▸ **WHAT IS REQUIRED**:
For each line below with the word "rest", write out a copy.

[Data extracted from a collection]
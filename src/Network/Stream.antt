-- ===== src/Network/Stream.antt =====
-- network.c: how messages are found in the bytes that a peer sends.
-- The library gives a read as its whole block of memory; the bytes behind those that were read are
-- zeros. What lies in the buffer's block behind its length is read as well where the code does so.
pub mod Finds
pub mod Whole
use whosecoin_core.Base.{
  ℕ, zero, suc, ◌+◌, ◌-◌, ◌%◌, ◌^◌, true, false, Option, none, some, List, [], ◌++◌, ltb, ◌==◌,
  drop, Run, ok, out_of_fuel, ◌>>=◌,
}
use whosecoin_core.Buffer.{Buffer, dynamic_buffer_write, initialised, splice}
use whosecoin_core.Message.{
  Guid, message_get_magic, message_get_length, message_get_type, message_get_guid,
}
use whosecoin_core.Network.{
  message_magic_number, message_header_size, Event, EventHandler, handle_message,
}

-- The `n` bytes from the index `i` of the block on.
unfoldable pub bytes_at : ℕ → ℕ → Buffer → Run (List ℕ)
unfolding initialised
bytes_at n i buf = initialised n (drop i buf.bytes)

-- The loop from the index `i` on, `left` rounds: the index of the magic number.
unfoldable pub find_from : ℕ → Buffer → ℕ → Run (Option ℕ)
unfolding bytes_at
find_from zero buf i = ok none
find_from (suc left) buf i = bytes_at 4 i buf >>= message_get_magic >>= λ magic.
    elim (magic == message_magic_number) [ true ↦ ok (some i) | false ↦ find_from left buf (i + 1) ]

-- `buf->length - MESSAGE_HEADER_SIZE + 1` rounds, as a `size_t`.
unfoldable pub find_message_start : Buffer → Run (Option ℕ)
unfolding find_from
find_message_start buf =
    find_from ((buf.length_field + 2 ^ 64 - message_header_size + 1) % 2 ^ 64) buf 0

-- `while (start != NULL)`: the events, the history and the buffer.
unfoldable pub take_messages :
    ℕ
    → ℕ
    → (ℕ → Option EventHandler)
    → List Guid
    → Buffer
    → Option ℕ
    → Run (List Event × (List Guid × Buffer))
unfolding find_message_start handle_message splice bytes_at
take_messages zero parse handlers history buf start = out_of_fuel
take_messages (suc fuel) parse handlers history buf start = elim start [
  | none ↦ ok ([], (history, buf))
  | some padding ↦ (do
    message ← splice padding buf
    header ← bytes_at message_header_size 0 message
    guid ← message_get_guid header
    size ← message_get_length header
    type ← message_get_type header
    let message_length = message_header_size + size
    elim (ltb message.length_field message_length) [
      | true ↦ ok ([], (history, message))
      | false ↦ (do
        whole ← bytes_at message_length 0 message
        done ← handle_message parse handlers history whole message_length
        rest ← splice message_length message
        next ← find_message_start rest
        more ← take_messages fuel parse handlers done.1 rest next
        ok (done.0 ++ more.0, more.1))
    ])
]

-- `none` is an error of the read, on which the peer is disconnected.
unfoldable pub on_read :
    ℕ
    → ℕ
    → (ℕ → Option EventHandler)
    → List Guid
    → Buffer
    → Option (List ℕ)
    → Run (Option (List Event × (List Guid × Buffer)))
unfolding take_messages
on_read fuel parse handlers history buf none = ok none
on_read fuel parse handlers history buf (some base) = do
  longer ← dynamic_buffer_write base buf
  start ← find_message_start longer
  taken ← take_messages fuel parse handlers history longer start
  ok (some taken)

▸ **COMPLETED TASK**:
        rest ← splice message_length message
        next ← find_message_start rest
        more ← take_messages fuel parse handlers done.1 rest next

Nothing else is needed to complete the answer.